Given records:
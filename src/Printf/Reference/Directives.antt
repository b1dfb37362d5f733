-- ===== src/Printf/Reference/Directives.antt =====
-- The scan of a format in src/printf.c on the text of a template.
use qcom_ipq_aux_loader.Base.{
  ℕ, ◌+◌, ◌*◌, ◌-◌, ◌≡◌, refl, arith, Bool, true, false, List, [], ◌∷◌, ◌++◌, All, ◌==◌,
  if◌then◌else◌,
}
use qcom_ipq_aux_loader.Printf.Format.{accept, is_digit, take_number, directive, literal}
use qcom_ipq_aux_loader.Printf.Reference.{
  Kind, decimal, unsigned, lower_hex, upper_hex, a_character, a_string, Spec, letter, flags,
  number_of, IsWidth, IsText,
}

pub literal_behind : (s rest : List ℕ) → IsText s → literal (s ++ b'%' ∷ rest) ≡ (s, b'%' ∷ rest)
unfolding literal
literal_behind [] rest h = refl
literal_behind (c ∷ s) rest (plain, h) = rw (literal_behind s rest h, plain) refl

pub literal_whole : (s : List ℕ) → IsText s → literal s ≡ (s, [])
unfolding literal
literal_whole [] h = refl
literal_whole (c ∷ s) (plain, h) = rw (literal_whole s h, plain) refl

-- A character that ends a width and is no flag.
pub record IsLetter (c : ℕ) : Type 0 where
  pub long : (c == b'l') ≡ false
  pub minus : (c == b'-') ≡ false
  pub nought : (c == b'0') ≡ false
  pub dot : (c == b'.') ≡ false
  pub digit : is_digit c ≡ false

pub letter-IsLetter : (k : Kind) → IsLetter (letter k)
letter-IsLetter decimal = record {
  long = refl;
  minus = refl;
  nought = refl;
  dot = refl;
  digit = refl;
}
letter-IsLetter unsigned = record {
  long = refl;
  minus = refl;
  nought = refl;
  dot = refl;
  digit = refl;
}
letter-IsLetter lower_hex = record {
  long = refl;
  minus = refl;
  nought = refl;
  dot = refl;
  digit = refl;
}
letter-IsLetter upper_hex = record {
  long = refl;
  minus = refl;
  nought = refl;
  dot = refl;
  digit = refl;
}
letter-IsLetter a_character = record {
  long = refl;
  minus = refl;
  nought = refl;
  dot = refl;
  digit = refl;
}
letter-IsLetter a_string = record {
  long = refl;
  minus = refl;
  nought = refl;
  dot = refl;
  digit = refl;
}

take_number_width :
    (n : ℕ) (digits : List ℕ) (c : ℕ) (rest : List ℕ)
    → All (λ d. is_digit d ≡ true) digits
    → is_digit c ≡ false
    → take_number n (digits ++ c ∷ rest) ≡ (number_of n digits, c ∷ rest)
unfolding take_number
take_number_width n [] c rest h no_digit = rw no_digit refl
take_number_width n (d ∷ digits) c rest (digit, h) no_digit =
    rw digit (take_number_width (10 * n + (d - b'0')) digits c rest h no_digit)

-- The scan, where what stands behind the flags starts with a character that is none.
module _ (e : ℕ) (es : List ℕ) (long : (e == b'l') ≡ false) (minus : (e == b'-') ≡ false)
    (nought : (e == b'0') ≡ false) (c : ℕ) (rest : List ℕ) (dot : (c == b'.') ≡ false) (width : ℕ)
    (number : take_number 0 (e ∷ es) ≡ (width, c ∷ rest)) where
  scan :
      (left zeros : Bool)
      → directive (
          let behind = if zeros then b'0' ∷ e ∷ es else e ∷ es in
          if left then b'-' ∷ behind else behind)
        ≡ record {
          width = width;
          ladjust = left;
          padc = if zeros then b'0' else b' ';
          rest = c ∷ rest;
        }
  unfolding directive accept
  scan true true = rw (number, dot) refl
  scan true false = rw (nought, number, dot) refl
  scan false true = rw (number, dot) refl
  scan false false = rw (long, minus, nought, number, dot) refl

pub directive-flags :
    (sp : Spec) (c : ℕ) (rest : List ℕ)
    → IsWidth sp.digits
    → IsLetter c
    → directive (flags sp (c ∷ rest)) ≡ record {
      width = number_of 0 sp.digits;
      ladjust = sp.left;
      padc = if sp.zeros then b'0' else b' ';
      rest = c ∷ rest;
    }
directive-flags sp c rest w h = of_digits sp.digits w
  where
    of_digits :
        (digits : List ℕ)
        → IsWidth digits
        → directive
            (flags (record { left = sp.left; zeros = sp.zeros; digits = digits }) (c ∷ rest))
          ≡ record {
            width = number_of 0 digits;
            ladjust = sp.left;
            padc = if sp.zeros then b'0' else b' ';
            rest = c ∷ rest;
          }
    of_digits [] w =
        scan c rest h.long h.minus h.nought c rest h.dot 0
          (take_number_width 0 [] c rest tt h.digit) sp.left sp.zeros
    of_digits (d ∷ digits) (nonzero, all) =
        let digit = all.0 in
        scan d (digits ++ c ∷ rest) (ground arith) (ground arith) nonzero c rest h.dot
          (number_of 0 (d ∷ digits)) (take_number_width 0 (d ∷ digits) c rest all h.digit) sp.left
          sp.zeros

Activity: Show every line in the entries where the string "IsWidth" occurs.

Written response:
  number_of, IsWidth, IsText,
    → IsWidth sp.digits
        → IsWidth digits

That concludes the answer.